**Exercise directions:**
Filter the records below for the word "Effects". Copy each line that holds it.

** Records for processing follows **

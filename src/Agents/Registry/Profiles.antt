-- ===== src/Agents/Registry/Profiles.antt =====
-- The profiles that AgentProfile of src/harness/agents/registry.py accepts.
use md_harness.Agents.Registry.{
  AgentProfile, required_text, required_positive, with_text, texts_of, some_texts, required_texts,
  required_bool, distinct, agent_profile, items_in, value_in, value_or, profile_from_mapping,
  text_items, payload,
}
use md_harness.Prelude.{
  not-true, Bool-cases, some_injective, and_left, and_right, non_empty, all, ltb, ◌==◌, ◌≡◌, refl,
  sym, inl, inr, ℕ, String, Bool, true, false, not, ◌&&◌, Option, none, some, List, [], ◌∷◌, nat_eq,
  string_eq,
}
use md_harness.Effects.{value_error, Error, return}
use md_harness.Effects.Checks.{checked, bound_ok}
use md_harness.Json.{
  Json, null, boolean, integer, decimal, string, array, object, Items, no_items, item, get_member,
}
use md_harness.Text.{is_blank}

abbrev filled : List String → Bool
filled texts = non_empty texts && all (λ text. not (text == "")) texts

-- Names and texts that are not blank, counts from 1, task types and tools that are texts with a
-- character, and no tool twice.
abbrev pub ValidProfile : AgentProfile → Type 0
ValidProfile p =
    (is_blank p.name ≡ false)
    × (ltb p.version 1 ≡ false)
    × (is_blank p.instructions ≡ false)
    × (is_blank p.model ≡ false)
    × (filled p.task_types ≡ true)
    × (filled p.tools ≡ true)
    × (distinct p.tools ≡ true)
    × (ltb p.max_steps 1 ≡ false)

return_injective : {A : Type 0} (a b : A) → return a ≡ return b → a ≡ b
return_injective a b h = cc

-- What a check that returned says.
text_returned :
    (value : Json) (e : Error) {s : String} → required_text value e ≡ return s → is_blank s ≡ false
text_returned (string t) e {s} h = elim (Bool-cases (is_blank t)) [
  | inl b ↦ cc (rw b at h)
  | inr b ↦ let same : return t ≡ return s = rw b at h in cc
]
text_returned null e {s} h = cc
text_returned (boolean b) e {s} h = cc
text_returned (integer b n) e {s} h = cc
text_returned (decimal t) e {s} h = cc
text_returned (array xs) e {s} h = cc
text_returned (object ms) e {s} h = cc

positive_returned :
    (value : Json) (e : Error) {n : ℕ} → required_positive value e ≡ return n → ltb n 1 ≡ false
positive_returned (integer false m) e {n} h = elim (Bool-cases (ltb m 1)) [
  | inl b ↦ cc (rw b at h)
  | inr b ↦ let same : return m ≡ return n = rw b at h in cc
]
positive_returned (integer true m) e {n} h = cc
positive_returned null e {n} h = cc
positive_returned (boolean b) e {n} h = cc
positive_returned (string t) e {n} h = cc
positive_returned (decimal t) e {n} h = cc
positive_returned (array xs) e {n} h = cc
positive_returned (object ms) e {n} h = cc

texts_filled :
    (values : Items) {ss : List String}
    → texts_of values ≡ some ss
    → all (λ text. not (text == "")) ss ≡ true
unfolding texts_of
texts_filled no_items {ss} h = rw (sym (some_injective [] ss h)) refl
texts_filled (item (string t) rest) {ss} h =
    by_rest (λ later e. texts_filled rest e) (texts_of rest) refl h
  where
    by_rest :
        ((later : List String)
          → texts_of rest ≡ some later
          → all (λ text. not (text == "")) later ≡ true)
        → (o : Option (List String)) → texts_of rest ≡ o
        → with_text t o ≡ some ss
        → all (λ text. not (text == "")) ss ≡ true
    by_rest ih none e k = cc
    by_rest ih (some later) e k = elim (Bool-cases (t == "")) [
      | inl b ↦ cc (rw b at k)
      | inr b ↦ rw (sym (some_injective (t ∷ later) ss (rw b at k)), b) (ih later e)
    ]
texts_filled (item null rest) {ss} h = cc
texts_filled (item (boolean b) rest) {ss} h = cc
texts_filled (item (integer b n) rest) {ss} h = cc
texts_filled (item (decimal t) rest) {ss} h = cc
texts_filled (item (array xs) rest) {ss} h = cc
texts_filled (item (object ms) rest) {ss} h = cc

texts_returned :
    (values : Items) (e : Error) {ss : List String}
    → required_texts values e ≡ return ss
    → filled ss ≡ true
texts_returned values e {ss} h = by_texts (texts_of values) refl h
  where
    by_texts :
        (o : Option (List String))
        → texts_of values ≡ o
        → some_texts o e ≡ return ss
        → filled ss ≡ true
    by_texts none same k = cc
    by_texts (some []) same k = cc
    by_texts (some (s ∷ later)) same k =
        let whole : s ∷ later ≡ ss = cc k in rw (sym whole) (texts_filled values same)

agent_profile-ValidProfile :
    (name version instructions : Json) (task_types tools : Items) (model steps enabled : Json)
    {p : AgentProfile}
    → agent_profile name version instructions task_types tools model steps enabled ≡ return p
    → ValidProfile p
unfolding agent_profile
agent_profile-ValidProfile name version instructions task_types tools model steps enabled {p} h =
    let (n, e1, h1) = bound_ok (required_text name _) _ h in
    let (v, e2, h2) = bound_ok (required_positive version _) _ h1 in
    let (i, e3, h3) = bound_ok (required_text instructions _) _ h2 in
    let (m, e4, h4) = bound_ok (required_text model _) _ h3 in
    let (types, e5, h5) = bound_ok (required_texts task_types _) _ h4 in
    let (names, e6, h6) = bound_ok (required_texts tools _) _ h5 in
    let (apart, h7) = checked (distinct names) _ _ h6 in
    let (s, e8, h8) = bound_ok (required_positive steps _) _ h7 in
    let (b, e9, h9) = bound_ok (required_bool enabled _) _ h8 in
    rw (sym (return_injective _ p h9)) (
      text_returned name _ e1,
      positive_returned version _ e2,
      text_returned instructions _ e3,
      text_returned model _ e4,
      texts_returned task_types _ e5,
      texts_returned tools _ e6,
      apart,
      positive_returned steps _ e8,
    )

texts_read :
    (texts : List String)
    → all (λ text. not (text == "")) texts ≡ true
    → texts_of (text_items texts) ≡ some texts
unfolding texts_of
texts_read [] h = refl
texts_read (t ∷ rest) h =
    let full = not-true (t == "") (and_left (not (t == "")) _ h) in
    rw (texts_read rest (and_right (not (t == "")) _ h), full) refl

texts_accepted :
    (texts : List String) (e : Error)
    → filled texts ≡ true
    → required_texts (text_items texts) e ≡ return texts
texts_accepted [] e h = cc
texts_accepted (t ∷ rest) e h = rw (texts_read (t ∷ rest) h) refl

payload_accepted : (p : AgentProfile) → ValidProfile p → profile_from_mapping (payload p) ≡ return p
unfolding profile_from_mapping agent_profile payload get_member
payload_accepted p (name, version, instructions, model, types, tools, apart, steps) =
    rw
      (
        name,
        version,
        instructions,
        model,
        texts_accepted p.task_types (value_error "agent task_types must be non-empty strings")
            types,
        texts_accepted p.tools (value_error "agent tools must be non-empty strings") tools,
        apart,
        steps,
      )
      refl

mapping-ValidProfile :
    (values : Json) {p : AgentProfile} → profile_from_mapping values ≡ return p → ValidProfile p
unfolding profile_from_mapping
mapping-ValidProfile (object given) {p} h =
    let (types, e1, h1) = bound_ok (items_in (get_member "task_types" given) _) _ h in
    let (tools, e2, h2) = bound_ok (items_in (get_member "tools" given) _) _ h1 in
    let (name, e3, h3) = bound_ok (value_in (get_member "name" given)) _ h2 in
    let (version, e4, h4) = bound_ok (value_in (get_member "version" given)) _ h3 in
    let (instructions, e5, h5) = bound_ok (value_in (get_member "instructions" given)) _ h4 in
    let (model, e6, h6) = bound_ok (value_in (get_member "model" given)) _ h5 in
    agent_profile-ValidProfile name version instructions types tools model
      (value_or (integer false 8) (get_member "max_steps" given))
      (value_or (boolean true) (get_member "enabled" given)) h6
mapping-ValidProfile null {p} h = cc
mapping-ValidProfile (boolean b) {p} h = cc
mapping-ValidProfile (integer b n) {p} h = cc
mapping-ValidProfile (decimal t) {p} h = cc
mapping-ValidProfile (string t) {p} h = cc
mapping-ValidProfile (array xs) {p} h = cc

-- What the payload of a valid profile's fingerprint decodes to is accepted and gives the profile
-- back, and whatever mapping is accepted gives a valid profile.
pub profile_from_mapping-payload :
    (p : AgentProfile)
    → (ValidProfile p → profile_from_mapping (payload p) ≡ return p)
      × ((values : Json) → profile_from_mapping values ≡ return p → ValidProfile p)
profile_from_mapping-payload p = (payload_accepted p, λ values h. mapping-ValidProfile values h)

** End of Records for processing **

**Finished task:**
use md_harness.Effects.{value_error, Error, return}
use md_harness.Effects.Checks.{checked, bound_ok}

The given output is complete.